Selectmen opt to keep single tax rate
By Robert Fucci
At a public hearing for tax classification during the Nov. 7 Board of Selectmen meeting, the Board unanimously agreed the best way to attract new business would be to keep a single tax rate.
Board of Assessors members Robert Nunnemacher, Joyce Sardagnola and Ray Nichols presented the Selectmen with the latest assessment of the town, which is now valued at $1.390 billion.
Nunnemacher said Sutton consists of nearly 86 percent residential property, valued at $1.194 billion. Personal property takes up 5.3 percent of the town, followed by commercial properties at 5 percent and industrial at 3.7 percent.
“I have no desire to change the ratio or split,” Selectman David Hall said. “Leaving it at 1.00 is the right thing to do.”
A classification hearing must be conducted annually to determine whether Sutton should adopt one tax rate for all classes of property or a split rate for residential/open space and commercial/ industrial/personal (CIP) property.
The tax rate presented on Nov. 7 was based on a number of figures, including debt exclusions and new growth. The amount submitted to the Department of Revenue for new growth was $459,945, which was approved by the DOR.

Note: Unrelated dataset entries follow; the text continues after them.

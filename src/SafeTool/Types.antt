-- ===== src/SafeTool/Types.antt =====
-- The policy of a tool (internal/tools/policies.go), the errors and the surroundings of the executor
-- (internal/tools/safe_executor.go).
use compshare_agent.Prelude.{ℕ, String, Bool, true, false, Option, List, Except}
use compshare_agent.Value.{Fields}
use compshare_agent.Workflow.Types.{GoError}

pub data ActionRoute : Type 0 where
  external_api knowledge workflow diagnosis handoff : ActionRoute

pub data ActionClass : Type 0 where
  read_cheap read_expensive_default read_expensive_per_target mutating destructive : ActionClass

pub data Level : Type 0 where
  l0 l1 l2 : Level

pub data ErrorClass : Type 0 where
  network eof http_5xx : ErrorClass

-- `unset` is the zero value.
pub data ExecutionOrigin : Type 0 where
  unset direct_llm workflow_internal diagnosis_internal : ExecutionOrigin

-- A nil list of allowed params allows every one. A number that is not positive is 0.
pub record Policy : Type 0 where
  pub action : String
  pub route : ActionRoute
  pub class : ActionClass
  pub security_level : Level
  pub needs_confirm : Bool
  pub allowed_params : Option (List String)
  pub internal_allowed_params : List String
  pub redact_in_result : List String
  pub sensitive_args : List String
  pub history_monitor_guard : Bool
  pub max_targets_per_call : ℕ
  pub max_history_window_seconds : ℕ
  pub max_retries : ℕ
  pub retry_on : List ErrorClass
  pub timeout_ms : ℕ
  pub backoff_base_ms : ℕ

-- An error of the inner executor, with what shouldRetry reads from it: whether it is one of the
-- errors that are never retried, and its classes (classifyError).
pub record CallError : Type 0 where
  pub cause : GoError
  pub never_retried : Bool
  pub classes : List ErrorClass

pub data ToolError : Type 0 where
  policy_missing destructive_action user_declined mutating_action_disabled : String → ToolError
  non_external_action : String → ActionRoute → ToolError
  tool_cap_exceeded history_window_exceeded : ℕ → ℕ → ToolError
  history_without_target : ToolError
  zone_unresolved call_failed wait_cancelled : GoError → ToolError

abbrev pub Args : Type 0
Args = Option Fields

pub data Event : Type 0 where
  confirm_needed before_call sent : String → Args → Event
  answered : String → Args → Bool → Event

pub record Gate (W : Type 0) : Type 0 where
  pub world : W
  pub log : List Event

pub record ToolEnv (W : Type 0) : Type 0 where
  pub execute : W → String → Args → W × Except CallError Args
  pub confirm : Option (W → String → Args → W × Bool)
  pub resolve_backend_zone_id : W → String → Args → W × Except GoError Args
  pub wait : W → ℕ → W × Option GoError
  pub policies : String → Option Policy
  pub mutating_tools_enabled : Bool
  -- strings.TrimSpace and strconv.ParseInt(·, 10, 64): none on an error
  pub parse_int : String → Option (Option ℕ)

abbrev pub is_external : ActionRoute → Bool
is_external external_api = true
is_external _ = false

abbrev pub is_l2 : Level → Bool
is_l2 l2 = true
is_l2 _ = false

abbrev pub is_destructive : ActionClass → Bool
is_destructive destructive = true
is_destructive _ = false

abbrev pub is_mutating : ActionClass → Bool
is_mutating mutating = true
is_mutating _ = false

abbrev pub class_eq : ErrorClass → ErrorClass → Bool
class_eq network network = true
class_eq eof eof = true
class_eq http_5xx http_5xx = true
class_eq _ _ = false

abbrev pub is_internal : ExecutionOrigin → Bool
is_internal workflow_internal = true
is_internal diagnosis_internal = true
is_internal _ = false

Had the Board gone with a split tax rate, residents would have saved $476. The CIP would have an increase of $2,894.50.
But Board members agreed the minuscule savings for residents would counter the ability to attract new businesses to town.
“I want to keep Sutton business friendly, and keep it attractive to locations on Route 146,” Selectmen Chair Jesse Limanek said. “I would be in favor of equal rate for the upcoming year.”